* TASK DIRECTIONS *
Write out only the lines running from the one that contains "inr no_p ↦ inr" to the end of the material, both ends included.

* INPUT RECORDS *

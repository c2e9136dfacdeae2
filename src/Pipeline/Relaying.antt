-- ===== src/Pipeline/Relaying.antt =====
-- What becomes of a written event: it waits in the table, Kafka has it, or it was given up.
use mathlib.Core.List.{Mem}
use miniwallet.Base.{
  ℕ, ◌≡◌, refl, Bool, true, not, ◌&&◌, ◌==◌, String, Option, List, [], ◌∷◌, ◌++◌, All-append, any,
  any-intro, any-true, IsOneOf, Bool-cases, inl, inr, ◌⊎◌, arith,
}
use miniwallet.Schemas.{HashInput}
use miniwallet.Events.{EventEnvelope}
use miniwallet.Db.{Db, OutboxRow}
use miniwallet.Outbox.{message, publish_all, contains_id, is_published}
use miniwallet.Outbox.Delivery as Delivery
use miniwallet.Outbox.Delivery.{RowHolds, StatusHolds, Delivered, Step-Delivered, publish_all-grows}
use miniwallet.Outbox.Rounds.{confirm-keeps}
use miniwallet.Pipeline.{
  Line, writes, claims, confirms, crashes, recovers, cleans, reads, Run, starts, steps,
}
use miniwallet.Pipeline.Traces.{Run-IsTraced, Run-AreDistinct}
use miniwallet.Pipeline.Whereabouts.{
  new_events-Hold, contains-left, contains-right, claim-keeps, recover-keeps, published_in_log,
  cleaned, IsAccounted,
}

after_write :
    (s : Line) (db' : Db) (events : List OutboxRow) (r : OutboxRow)
    → IsAccounted s r
    → IsAccounted (record s { db = db'; table = events ++ s.table }) r
after_write s db' events r (inl k) = inl k
after_write s db' events r (inr (inl k)) = inr (inl (contains-right r.id events s.table k))
after_write s db' events r (inr (inr k)) = inr (inr k)

written_or_new :
    (r : OutboxRow) (events history : List OutboxRow)
    → IsOneOf r (events ++ history)
    → IsOneOf r events ⊎ IsOneOf r history
written_or_new r [] history mem = inr mem
written_or_new r (x ∷ events) history (inl e) = inl (inl e)
written_or_new r (x ∷ events) history (inr mem) = elim (written_or_new r events history mem) [
  | inl k ↦ inl (inr k)
  | inr k ↦ inr k
]

-- A row that waits for the relay, or is on its way.
abbrev pub is_waiting : List OutboxRow → ℕ → Bool
is_waiting table i = any (λ (x : OutboxRow). x.id == i && not (is_published x.status)) table

module _ (sha256 : HashInput → String) (json_dumps : EventEnvelope → String)
    (json_loads : String → Option EventEnvelope) (int : String → Option ℕ) (str : ℕ → String) where
  abbrev Runs : Line → Type 0
  Runs s = Run sha256 json_dumps json_loads int str s

  pub Run-Delivered : {s : Line} → Runs s → Delivered (s.table, s.log)
  Run-Delivered starts = tt
  Run-Delivered (steps {s = s} r (writes events step e _)) =
      All-append (RowHolds s.log) events s.table (new_events-Hold sha256 events s.log step e)
        (Run-Delivered r)
  Run-Delivered (steps {s = s} r (claims locked)) =
      Step-Delivered (Delivery.claims locked s.table s.log) (Run-Delivered r)
  Run-Delivered (steps {s = s} r (confirms p batch _)) =
      Step-Delivered (Delivery.confirms p batch s.table s.log) (Run-Delivered r)
  Run-Delivered (steps {s = s} r (crashes p batch _)) =
      Step-Delivered (Delivery.crashes p batch s.table s.log) (Run-Delivered r)
  Run-Delivered (steps {s = s} r (recovers now)) =
      Step-Delivered (Delivery.recovers now s.table s.log) (Run-Delivered r)
  Run-Delivered (steps {s = s} r (cleans now)) =
      Step-Delivered (Delivery.cleans now s.table s.log) (Run-Delivered r)
  Run-Delivered (steps r (reads _ _)) = Run-Delivered r

  Run-IsAccounted : {s : Line} → Runs s → (r : OutboxRow) → IsOneOf r s.db.outbox → IsAccounted s r
  Run-IsAccounted starts r mem = absurd mem
  Run-IsAccounted (steps {s = s} run (writes {db' = db'} events _ e _)) r mem =
      elim (written_or_new r events s.db.outbox (rw e at mem)) [
        | inl k ↦ inr (inl (contains-left r.id r events s.table k refl))
        | inr k ↦ after_write s db' events r (Run-IsAccounted run r k)
      ]
  Run-IsAccounted (steps {s = s} run (claims locked)) r mem = elim (Run-IsAccounted run r mem) [
    | inl k ↦ inl k
    | inr (inl k) ↦ inr (inl (claim-keeps locked r.id s.table k))
    | inr (inr k) ↦ inr (inr k)
  ]
  Run-IsAccounted (steps {s = s} run (confirms p batch _)) r mem =
      elim (Run-IsAccounted run r mem) [
        | inl k ↦ inl (publish_all-grows p batch s.log (message r) k)
        | inr (inl k) ↦ inr (inl (confirm-keeps r.id (publish_all p batch s.log).0 s.table k))
        | inr (inr k) ↦ inr (inr k)
      ]
  Run-IsAccounted (steps {s = s} run (crashes p batch _)) r mem = elim (Run-IsAccounted run r mem) [
    | inl k ↦ inl (publish_all-grows p batch s.log (message r) k)
    | inr k ↦ inr k
  ]
  Run-IsAccounted (steps {s = s} run (recovers now)) r mem = elim (Run-IsAccounted run r mem) [
    | inl k ↦ inl k
    | inr (inl k) ↦ inr (inl (recover-keeps now r.id s.table k))
    | inr (inr k) ↦ inr (inr k)
  ]
  Run-IsAccounted (steps {s = s} run (cleans now)) r mem = elim (Run-IsAccounted run r mem) [
    | inl k ↦ inl k
    | inr (inl k) ↦
        cleaned s r (Run-IsTraced sha256 json_dumps json_loads int str run)
          (Run-AreDistinct sha256 json_dumps json_loads int str run) (Run-Delivered run) mem now k
    | inr (inr k) ↦ inr (inr (contains-right r.id _ s.given_up k))
  ]
  Run-IsAccounted (steps run (reads _ _)) r mem = Run-IsAccounted run r mem

  -- No event is lost between the services and Kafka: whatever transactions, relays, crashes and
  -- maintenance jobs do and in whatever order, Kafka has acknowledged the message of each event that
  -- was written, or its row is in the table and not published, or it was removed after it had failed.
  pub every_event_accounted :
      {s : Line} (r : OutboxRow)
      → Runs s
      → IsOneOf r s.db.outbox
      → Mem (message r) s.log
        ⊎ ((is_waiting s.table r.id ≡ true) ⊎ (contains_id s.given_up r.id ≡ true))
  every_event_accounted {s} r run mem = elim (Run-IsAccounted run r mem) [
    | inl k ↦ inl k
    | inr (inl k) ↦ in_table_or_log k
    | inr (inr k) ↦ inr (inr k)
  ]
    where
      in_table_or_log :
          contains_id s.table r.id ≡ true
          → Mem (message r) s.log
            ⊎ ((is_waiting s.table r.id ≡ true) ⊎ (contains_id s.given_up r.id ≡ true))
      in_table_or_log k =
          let (x, in_table, e) = any-true (λ (y : OutboxRow). y.id == r.id) s.table k in
          elim (Bool-cases (is_published x.status)) [
            | inl yes_p ↦ inl (
                published_in_log s r (Run-IsTraced sha256 json_dumps json_loads int str run)
                  (Run-AreDistinct sha256 json_dumps json_loads int str run) (Run-Delivered run) mem
                  x in_table e yes_p)
            | inr no_p ↦ inr (
                inl (
                  any-intro (λ (y : OutboxRow). y.id == r.id && not (is_published y.status)) x
                    s.table in_table (ground (arith, e, no_p))))
          ]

* THE ANSWER *
            | inr no_p ↦ inr (
                inl (
                  any-intro (λ (y : OutboxRow). y.id == r.id && not (is_published y.status)) x
                    s.table in_table (ground (arith, e, no_p))))
          ]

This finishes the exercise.